Thus $\displaystyle \begin{align*} \int{ \mathrm{e}^{-2\,x} \cos{ \left( 3\,x \right) } \,\mathrm{d}x} = \frac{3}{13}\,\mathrm{e}^{-2\,x} \sin{(3\,x)} - \frac{2}{13}\,\mathrm{e}^{-2\,x} \cos{ \left( 3\,x \right) } + C \end{align*}$
 

MarkFL

Pessimist Singularitarian
Staff member
Feb 24, 2012
13,661
St.
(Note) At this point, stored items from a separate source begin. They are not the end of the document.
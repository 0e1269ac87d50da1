-- ===== src/Modem/SoftHdlc/FlagStop.antt =====
-- Reassembly ends at the first flag in the bit buffer, and `handle_flag` does not empty the buffer.
use mathlib.Core.List.{append_assoc}
use packet_radio_rs.Base.{
  ℕ, zero, suc, ◌+◌, ◌-◌, ◌*◌, ◌%◌, ◌^◌, ◌≤◌, ◌<◌, ◌≡◌, refl, sym, ap, subst, ◌∙◌, arith, true,
  false, List, [], ◌∷◌, ◌++◌, bit_or, bit_xor, lt→ltb, leb, ◌==◌, All, if◌then◌else◌, Bool-cases,
  inl, inr, length, length-append, get_or, set, take, replicate,
}
use packet_radio_rs.Modem.SoftHdlc.Defs.{SoftHdlcDecoder}
use packet_radio_rs.Modem.SoftHdlc.Recovery.{
  Assembly, assemble_bit, assemble, empty_assembly, flip, flip_all, reassembled,
  reassemble_and_check_crc, Trial, attempt,
}

-- The end of a flag: six ones and a zero.
abbrev pub flag_end : List ℕ → List ℕ
flag_end rest = replicate 6 1 ++ 0 ∷ rest

abbrev marked : Assembly → ℕ → Assembly
marked a ones = record a { ones = ones }

assemble_bit-ones : (a : Assembly) (bit : ℕ) → (assemble_bit a bit).ones ≡ a.ones
unfolding assemble_bit
assemble_bit-ones a bit = ground arith

-- Once six ones were read, the next zero ends the loop, with what the bits in front of it made.
stops :
    (n : ℕ) (a : Assembly) (rest : List ℕ)
    → 6 ≤ a.ones + n
    → a.ones + n < 256
    → assemble a (replicate n 1 ++ 0 ∷ rest) ≡ assemble a (replicate n 1 ++ [])
unfolding assemble
stops zero a rest h k =
    let five : (a.ones == 5) ≡ false = ground arith in
    let six : leb 6 a.ones ≡ true = ground arith in rw (five, six) refl
stops (suc n) a rest h k =
    let next = assemble_bit (marked a ((a.ones + 1) % 2 ^ 8)) 1 in
    let ones : next.ones ≡ a.ones + 1 =
      assemble_bit-ones (marked a ((a.ones + 1) % 2 ^ 8)) 1 ∙ omega (arith, k) in
    stops n next rest (omega (arith, ones, h)) (omega (arith, ones, k))

-- So nothing behind the first flag matters.
pub assemble-flag :
    (bits : List ℕ) (a : Assembly) (rest : List ℕ)
    → a.ones + length bits < 250
    → assemble a (bits ++ flag_end rest) ≡ assemble a (bits ++ replicate 6 1)
unfolding assemble
assemble-flag [] a rest h = stops 6 a rest (omega arith) (omega arith)
assemble-flag (bit ∷ bits) a rest h =
    let zero_next = assemble_bit (marked a 0) bit in
    let one_next = assemble_bit (marked a ((a.ones + 1) % 2 ^ 8)) bit in
    let skip = assemble-flag bits (marked a 0) rest (omega (arith, h)) in
    let on_zero =
      assemble-flag bits zero_next rest (omega (arith, h, assemble_bit-ones (marked a 0) bit)) in
    let on_one =
      assemble-flag bits one_next rest
        (omega (arith, h, assemble_bit-ones (marked a ((a.ones + 1) % 2 ^ 8)) bit)) in
    elim (Bool-cases (bit == 0)) [
      | inl z ↦ rw (z, skip, on_zero) refl
      | inr o ↦ rw (o, on_one) refl
    ]

-- Eight bits make a byte.
assemble_bit_size :
    (a : Assembly) (bit : ℕ)
    → a.byte_bits < 8
    → (8 * length (assemble_bit a bit).frame + (assemble_bit a bit).byte_bits
        ≤ 8 * length a.frame + a.byte_bits + 1)
      × ((assemble_bit a bit).byte_bits < 8)
unfolding assemble_bit
assemble_bit_size a bit h =
    let byte = if bit == 0 then a.current_byte else bit_or a.current_byte (2 ^ a.byte_bits) in
    ground (arith, length-append a.frame (byte ∷ []))

assemble_size :
    (bits : List ℕ) (a : Assembly)
    → a.byte_bits < 8
    → 8 * length (assemble a bits) ≤ 8 * length a.frame + a.byte_bits + length bits
unfolding assemble
assemble_size [] a h = omega arith
assemble_size (bit ∷ bits) a h =
    let m = marked a (if bit == 0 then 0 else (a.ones + 1) % 2 ^ 8) in
    let (grown, small) = assemble_bit_size m bit h in
    let next = assemble_size bits (assemble_bit m bit) small in
    let skip = assemble_size bits (marked a 0) h in ground (arith, grown, next, skip)

-- A frame needs 17 bytes.
short_fails :
    (d : SoftHdlcDecoder)
    → length (reassembled d.hard_bits d.bit_count) < 17
    → (reassemble_and_check_crc d).0 ≡ false
unfolding reassemble_and_check_crc
short_fails d h = rw (lt→ltb _ 17 h) refl

set_behind :
    (pre ys : List ℕ) (i v : ℕ)
    → length pre ≤ i
    → set (pre ++ ys) i v ≡ pre ++ set ys (i - length pre) v
set_behind [] ys i v h = ap (λ (k : ℕ). set ys k v) (omega arith)
set_behind (p ∷ pre) ys zero v h = absurd (omega arith)
set_behind (p ∷ pre) ys (suc i) v h =
    ap (◌∷◌ p)
      (set_behind pre ys i v (omega arith) ∙ ap (λ (k : ℕ). pre ++ set ys k v) (omega arith))

-- Flips behind a prefix leave it.
flip_all_behind :
    (flips pre ys : List ℕ)
    → All (λ i. length pre ≤ i) flips
    → (zs : List ℕ) × (flip_all flips (pre ++ ys) ≡ pre ++ zs)
unfolding flip_all flip
flip_all_behind [] pre ys h = (ys, refl)
flip_all_behind (i ∷ flips) pre ys (h, hs) =
    let v = bit_xor (get_or (pre ++ ys) i 0) 1 in
    let (zs, e) = flip_all_behind flips pre (set ys (i - length pre) v) hs in
    (zs, ap (flip_all flips) (set_behind pre ys i v h) ∙ e)

take_behind :
    (pre ys : List ℕ) (n : ℕ)
    → length pre ≤ n
    → take n (pre ++ ys) ≡ pre ++ take (n - length pre) ys
take_behind [] ys n h = ap (λ (k : ℕ). take k ys) (omega arith)
take_behind (p ∷ pre) ys zero h = absurd (omega arith)
take_behind (p ∷ pre) ys (suc n) h =
    ap (◌∷◌ p) (take_behind pre ys n (omega arith) ∙ ap (λ (k : ℕ). pre ++ take k ys) (omega arith))

-- The bytes up to a flag near the start of the buffer are too few.
flag_short :
    (bits rest : List ℕ)
    → length bits < 130
    → length (assemble empty_assembly (bits ++ flag_end rest)) < 17
flag_short bits rest h =
    let size = assemble_size (bits ++ replicate 6 1) empty_assembly (omega arith) in
    omega (
      arith,
      ap length (assemble-flag bits empty_assembly rest (omega (arith, h))),
      size,
      length-append bits (replicate 6 1),
      h,
    )

-- If a flag (six ones and a zero) ends within the first 136 buffered bits, no trial that flips only
-- bits behind that flag finds a frame, whatever was received behind it.
pub attempt_behind_flag :
    (t : Trial) (d : SoftHdlcDecoder) (bits rest : List ℕ)
    → d.hard_bits ≡ bits ++ flag_end rest
    → length bits < 130
    → length bits + 7 ≤ d.bit_count
    → All (λ i. length bits + 7 ≤ i) t.flips
    → (attempt t d).0 ≡ false
unfolding attempt
attempt_behind_flag t d bits rest e short enough behind =
    let pre = bits ++ flag_end [] in
    let seven : length pre ≡ length bits + 7 = length-append bits (flag_end []) in
    let regroup : bits ++ flag_end rest ≡ pre ++ rest =
      sym (append_assoc bits (flag_end []) rest) in
    let (zs, flipped) =
      flip_all_behind t.flips pre rest
        (subst (λ (n : ℕ). All (λ i. n ≤ i) t.flips) (sym seven) behind) in
    let kept : take d.bit_count (flip_all t.flips d.hard_bits)
        ≡ bits ++ flag_end (take (d.bit_count - length pre) zs) =
      ap (λ xs. take d.bit_count (flip_all t.flips xs)) (e ∙ regroup)
      ∙ ap (take d.bit_count) flipped
      ∙ take_behind pre zs d.bit_count (omega (arith, seven, enough))
      ∙ append_assoc bits (flag_end []) (take (d.bit_count - length pre) zs) in
    short_fails (record d { hard_bits = flip_all t.flips d.hard_bits })
      (unfold reassembled in
        subst (λ xs. length (assemble empty_assembly xs) < 17) (sym kept)
          (flag_short bits (take (d.bit_count - length pre) zs) short))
Augustine, FL.
Another approach would be to consider:

\(\displaystyle y=\int e^{ax}\cos(bx)\,dx\)

Thus:

\(\displaystyle \d{y}{x}=e^{ax}\cos(bx)\)

The homogeneous solution is:

\(\displaystyle y_h(x)=c_1\)

And the particular solution will take the form:

\(\displaystyle y_p(x)=e^{ax}\left(A\cos(bx)+B\sin(bx)\right)\)

Hence:

\(\displaystyle y_p'(x)=e^{ax}\left((Aa+Bb)\cos(bx)+(Ba-Ab)\sin(bx)\right)\)

Substituting into the ODE, we obtain:

\(\displaystyle e^{ax}\left((Aa+Bb)\cos(bx)+(Ba-Ab)\sin(bx)\right)=e^{ax}\cos(bx)\)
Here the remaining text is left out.